Stored data entries
-- ===== src/Tests/Writing.antt =====
-- Claims that are written to an object and read again, with one kind of value for each kind of claim.
use openidconnect_rs.Prelude.{
  ℕ, String, ◌≡◌, refl, Bool, true, false, some, [], ◌∷◌, map, Result, ok, err,
}
use openidconnect_rs.Types.HashMap
use openidconnect_rs.Types.Timestamp.{Timestamp}
use openidconnect_rs.Types.LocalizedClaim
use openidconnect_rs.Claims.Standard
use openidconnect_rs.Claims.Standard.{AddressClaim, StandardClaims}
use openidconnect_rs.Claims.Fields.{ClaimValues, visit_map}
use openidconnect_rs.Claims.Fields.Writing.{ClaimWriters, serialize}
use openidconnect_rs.Claims.Fields.Writing.Laws.{WriterLaws}
use openidconnect_rs.Claims.Fields.Writing.RoundTrip.{IsWritten, visit_map-serialize}
use openidconnect_rs.Tests.Sample.{clock, times, times-TimesLaws}

data Value : Type 0 where
  null : Value
  text : String → Value
  flag : Bool → Value
  address : AddressClaim → Value
  number : Timestamp ℕ → Value

is_null : Value → Bool
is_null null = true
is_null (text s) = false
is_null (flag b) = false
is_null (address a) = false
is_null (number n) = false

as_text : Value → Result String String
as_text (text s) = ok s
as_text null = err "a text"
as_text (flag b) = err "a text"
as_text (address a) = err "a text"
as_text (number n) = err "a text"

as_flag : Value → Result Bool String
as_flag (flag b) = ok b
as_flag null = err "a flag"
as_flag (text s) = err "a flag"
as_flag (address a) = err "a flag"
as_flag (number n) = err "a flag"

as_address : Value → Result AddressClaim String
as_address (address a) = ok a
as_address null = err "an address"
as_address (text s) = err "an address"
as_address (flag b) = err "an address"
as_address (number n) = err "an address"

as_number : Value → Result (Timestamp ℕ) String
as_number (number n) = ok n
as_number null = err "a number"
as_number (text s) = err "a number"
as_number (flag b) = err "a number"
as_number (address a) = err "a number"

abbrev values : ClaimValues clock String Value String
values = record {
  is_null = is_null;
  text = as_text;
  flag = as_flag;
  gender = as_text;
  address = as_address;
  times = times;
  timestamp = as_number;
}

abbrev writers : ClaimWriters values
writers = record {
  write_text = λ s. text s;
  write_flag = λ b. flag b;
  write_gender = λ s. text s;
  write_address = λ a. address a;
  write_timestamp = λ n. number n;
  sorted = λ es. es;
}

laws : WriterLaws values writers
unfolding is_null as_text as_flag as_address as_number
laws = record {
  text_again = λ v. (refl, refl);
  flag_again = λ v. (refl, refl);
  gender_again = λ v. (refl, refl);
  address_again = λ v. (refl, refl);
  times_laws = times-TimesLaws;
  timestamp_again = λ v. (refl, refl);
}

abbrev alice : StandardClaims clock String
unfolding Standard.new
alice = record (Standard.new "alice") {
  name = some (record { tagged = ("fr", "Alice") ∷ ("de", "Alix") ∷ []; untagged = some "A" });
  email_verified = some true;
  updated_at = some 1000;
}

writable : IsWritten writers alice
unfolding alice Standard.new LocalizedClaim.iter LocalizedClaim.untagged_entries HashMap.get
writable = record {
  name_writable = (refl, (refl, refl, (refl, refl, tt)), tt);
  given_name_writable = tt;
  family_name_writable = tt;
  middle_name_writable = tt;
  nickname_writable = tt;
  profile_writable = tt;
  picture_writable = tt;
  website_writable = tt;
  whole_seconds = λ d e. refl;
}

visit_map-serialize_example : visit_map values (serialize writers alice) ≡ ok alice
visit_map-serialize_example = visit_map-serialize values writers laws alice writable

written_test :
    map (λ e. e.0) (serialize writers alice)
    ≡ "sub" ∷ "name" ∷ "name#fr" ∷ "name#de" ∷ "email_verified" ∷ "updated_at" ∷ []
unfolding serialize alice Standard.new
written_test = refl
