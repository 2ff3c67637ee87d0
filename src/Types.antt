-- ===== src/Types.antt =====
-- src/types.rs: the newtypes, the errors and the helpers that the other modules share.
pub mod Errors
pub mod Platform
pub mod Duration
pub mod HashMap
pub mod KeySet
pub mod LanguageTag
pub mod Timestamp
pub mod LocalizedClaim
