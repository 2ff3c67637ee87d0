-- ===== src/Verification.antt =====
-- src/verification.rs: the verifiers of ID tokens and of user info tokens.
pub mod JwtSettings
pub mod KeySelection
pub mod JwtChecks
pub mod Accepts
pub mod IdToken
pub mod UserInfo
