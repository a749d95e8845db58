-- ===== src/Output/Metrics.antt =====
-- internal/output/prometheus.go: the metrics of an attempt and their validation.
use dhcp_lease_observer.Prelude.{
  ℕ, Bool, not, ◌&&◌, ◌||◌, List, [], drop, all, Validation, ◌>>◌, reject_if, check_each, ltb,
  length, nat_beq, ℤ, pos, ltb_ℤ,
}
use dhcp_lease_observer.Text.{Bytes, codes, has_prefix, is_id_byte, bytes_eq}
use dhcp_lease_observer.Net.{Addr, addr_eq}
use dhcp_lease_observer.Clock.{Time, is_zero_time}
use dhcp_lease_observer.Model.{LeaseState, is_bound, not_ipv4}
use dhcp_lease_observer.Output.{valid_label_id}

abbrev pub max_lease_metrics : ℕ
max_lease_metrics = 2048

pub record LeaseMetric : Type 0 where
  pub device_id : Bytes
  pub ip : Addr
  pub scope : Bytes
  pub state : LeaseState

pub record Metrics : Type 0 where
  pub source_instance : Bytes
  pub up : Bool
  pub last_attempt : Time
  pub last_success : Time
  pub collection_duration : ℤ
  pub leases : List LeaseMetric

pub data MetricsError : Type 0 where
  instance_invalid timing_invalid success_required metric_limit : MetricsError
  metric_invalid metric_device metric_ip : ℕ → MetricsError

-- `^d1_[A-Za-z0-9_-]{22}$`
unfoldable pub device_id_pattern : Bytes → Bool
device_id_pattern s =
    has_prefix s (codes "d1_") && nat_beq (length s) 25 && all is_id_byte (drop 3 s)

abbrev pub check_metric : ℕ → LeaseMetric → Validation MetricsError
check_metric index m =
    reject_if
      (not (device_id_pattern m.device_id)
        || not_ipv4 m.ip
        || not (valid_label_id m.scope)
        || not (is_bound m.state))
      (metric_invalid index)

-- `metrics.Validate()`
unfoldable pub metrics_validate : Metrics → Validation MetricsError
metrics_validate m = do
  reject_if (not (valid_label_id m.source_instance)) instance_invalid
  reject_if (is_zero_time m.last_attempt || ltb_ℤ m.collection_duration (pos 0)) timing_invalid
  reject_if (m.up && is_zero_time m.last_success) success_required
  reject_if (ltb max_lease_metrics (length m.leases)) metric_limit
  check_each check_metric (λ l. l.device_id) metric_device (λ l. l.ip) metric_ip 0 [] [] m.leases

Work to be completed:
Going down from the first line of the entries above, restate each line word for word until the line holding "use openidconnect_rs.Types.HashMap" is done.

Solution to this task:
-- ===== src/Tests/Writing.antt =====
-- Claims that are written to an object and read again, with one kind of value for each kind of claim.
use openidconnect_rs.Prelude.{
  ℕ, String, ◌≡◌, refl, Bool, true, false, some, [], ◌∷◌, map, Result, ok, err,
}
use openidconnect_rs.Types.HashMap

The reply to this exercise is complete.